- **DATASET RECORDS**:
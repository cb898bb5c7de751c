-- ===== src/TcpNmeaServer.antt =====
-- src/tcp_nmea_server.h and src/tcp_nmea_server.c: the slots of the clients, and the steps of the
-- accepting thread and of the clients' threads on them. A descriptor is `none` where it is -1.
pub mod Clients
pub mod Serving
pub mod Slots
mod Tests
use esp_nmea_bridge_zephyr.Base.{
  ℕ, ◌+◌, Bool, true, false, Option, none, some, List, [], ◌∷◌, if◌then◌else◌, length, modify, map,
  replicate, u32,
}
use esp_nmea_bridge_zephyr.Config.{Config}

-- `struct client_slot`
pub record Client : Type 0 where
  pub fd : Option ℕ
  pub active : Bool

-- The static variables `clients` and `started`.
pub record Server : Type 0 where
  pub clients : List Client
  pub started : Bool

unfoldable pub server_statics : Config → Server
server_statics cfg = record {
  clients = replicate cfg.tcp_nmea_server_max_clients (record { fd = some 0; active = false });
  started = false;
}

-- `close_client`, and the socket that it closes.
fds_of : Option ℕ → List ℕ
fds_of none = []
fds_of (some fd) = fd ∷ []

pub close_client : Client → Client × List ℕ
unfolding fds_of
close_client c = (record { fd = none; active = false }, fds_of c.fd)

-- The end of `client_thread`, whose session has closed the socket.
pub end_client : Client → Client
unfolding close_client
end_client c = (close_client (record c { fd = none })).0

-- The loop of `alloc_client`: the slots, and the index of the one that is taken.
unfoldable pub alloc_client : List Client → ℕ → List Client × Option ℕ
alloc_client [] i = ([], none)
alloc_client (c ∷ cs) i =
    let rest = alloc_client cs (i + 1) in
    if c.active then (c ∷ rest.0, rest.1) else (record { fd = none; active = true } ∷ cs, some i)

unfoldable pub set_fd : ℕ → List Client → Option ℕ → List Client × Option ℕ × List ℕ
set_fd fd cs none = (cs, none, fd ∷ [])
set_fd fd cs (some i) = (modify cs i (λ c. record c { fd = some fd }), some i, [])

-- The accepting thread with a connection `fd`: the slots, the index of the slot whose thread it
-- creates, and the sockets that it closes.
unfoldable pub accept_client : List Client → ℕ → List Client × Option ℕ × List ℕ
unfolding alloc_client set_fd
accept_client cs fd = let (cs', i) = alloc_client cs 0 in set_fd fd cs' i

-- What `tcp_nmea_server_start` does to each slot.
unfoldable pub clear_fd : Client → Client
clear_fd c = record c { fd = none }

-- `tcp_nmea_server_start`, and whether it creates the thread. It returns 0.
unfoldable pub server_start : Config → Server → Server × Bool
unfolding clear_fd
server_start cfg s =
    if cfg.tcp_nmea_server_enable
    then (if s.started
        then (s, false)
        else (record { clients = map clear_fd s.clients; started = true }, true))
    else (s, false)

-- `struct tcp_nmea_server_stats`
pub record ServerStats : Type 0 where
  pub active_clients : ℕ
  pub max_clients : ℕ

-- The loop of `tcp_nmea_server_get_stats`.
unfoldable pub count_clients : List Client → ℕ → ℕ
count_clients [] active = active
count_clients (c ∷ cs) active = count_clients cs (if c.active then u32 (active + 1) else active)

unfoldable pub get_server_stats : Server → Option ServerStats → Option ServerStats
unfolding count_clients
get_server_stats s none = none
get_server_stats s (some _) =
    some (record { active_clients = count_clients s.clients 0; max_clients = length s.clients })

- **ACTION ITEM**: Every record above needs to be given again exactly.

- **TASK RESULT**:
repository cb898bb5c7de751c
-- ===== src/TcpNmeaServer.antt =====
-- src/tcp_nmea_server.h and src/tcp_nmea_server.c: the slots of the clients, and the steps of the
-- accepting thread and of the clients' threads on them. A descriptor is `none` where it is -1.
pub mod Clients
pub mod Serving
pub mod Slots
mod Tests
use esp_nmea_bridge_zephyr.Base.{
  ℕ, ◌+◌, Bool, true, false, Option, none, some, List, [], ◌∷◌, if◌then◌else◌, length, modify, map,
  replicate, u32,
}
use esp_nmea_bridge_zephyr.Config.{Config}

-- `struct client_slot`
pub record Client : Type 0 where
  pub fd : Option ℕ
  pub active : Bool

-- The static variables `clients` and `started`.
pub record Server : Type 0 where
  pub clients : List Client
  pub started : Bool

unfoldable pub server_statics : Config → Server
server_statics cfg = record {
  clients = replicate cfg.tcp_nmea_server_max_clients (record { fd = some 0; active = false });
  started = false;
}

-- `close_client`, and the socket that it closes.
fds_of : Option ℕ → List ℕ
fds_of none = []
fds_of (some fd) = fd ∷ []

pub close_client : Client → Client × List ℕ
unfolding fds_of
close_client c = (record { fd = none; active = false }, fds_of c.fd)

-- The end of `client_thread`, whose session has closed the socket.
pub end_client : Client → Client
unfolding close_client
end_client c = (close_client (record c { fd = none })).0

-- The loop of `alloc_client`: the slots, and the index of the one that is taken.
unfoldable pub alloc_client : List Client → ℕ → List Client × Option ℕ
alloc_client [] i = ([], none)
alloc_client (c ∷ cs) i =
    let rest = alloc_client cs (i + 1) in
    if c.active then (c ∷ rest.0, rest.1) else (record { fd = none; active = true } ∷ cs, some i)

unfoldable pub set_fd : ℕ → List Client → Option ℕ → List Client × Option ℕ × List ℕ
set_fd fd cs none = (cs, none, fd ∷ [])
set_fd fd cs (some i) = (modify cs i (λ c. record c { fd = some fd }), some i, [])

-- The accepting thread with a connection `fd`: the slots, the index of the slot whose thread it
-- creates, and the sockets that it closes.
unfoldable pub accept_client : List Client → ℕ → List Client × Option ℕ × List ℕ
unfolding alloc_client set_fd
accept_client cs fd = let (cs', i) = alloc_client cs 0 in set_fd fd cs' i

-- What `tcp_nmea_server_start` does to each slot.
unfoldable pub clear_fd : Client → Client
clear_fd c = record c { fd = none }

-- `tcp_nmea_server_start`, and whether it creates the thread. It returns 0.
unfoldable pub server_start : Config → Server → Server × Bool
unfolding clear_fd
server_start cfg s =
    if cfg.tcp_nmea_server_enable
    then (if s.started
        then (s, false)
        else (record { clients = map clear_fd s.clients; started = true }, true))
    else (s, false)

-- `struct tcp_nmea_server_stats`
pub record ServerStats : Type 0 where
  pub active_clients : ℕ
  pub max_clients : ℕ

-- The loop of `tcp_nmea_server_get_stats`.
unfoldable pub count_clients : List Client → ℕ → ℕ
count_clients [] active = active
count_clients (c ∷ cs) active = count_clients cs (if c.active then u32 (active + 1) else active)

unfoldable pub get_server_stats : Server → Option ServerStats → Option ServerStats
unfolding count_clients
get_server_stats s none = none
get_server_stats s (some _) =
    some (record { active_clients = count_clients s.clients 0; max_clients = length s.clients })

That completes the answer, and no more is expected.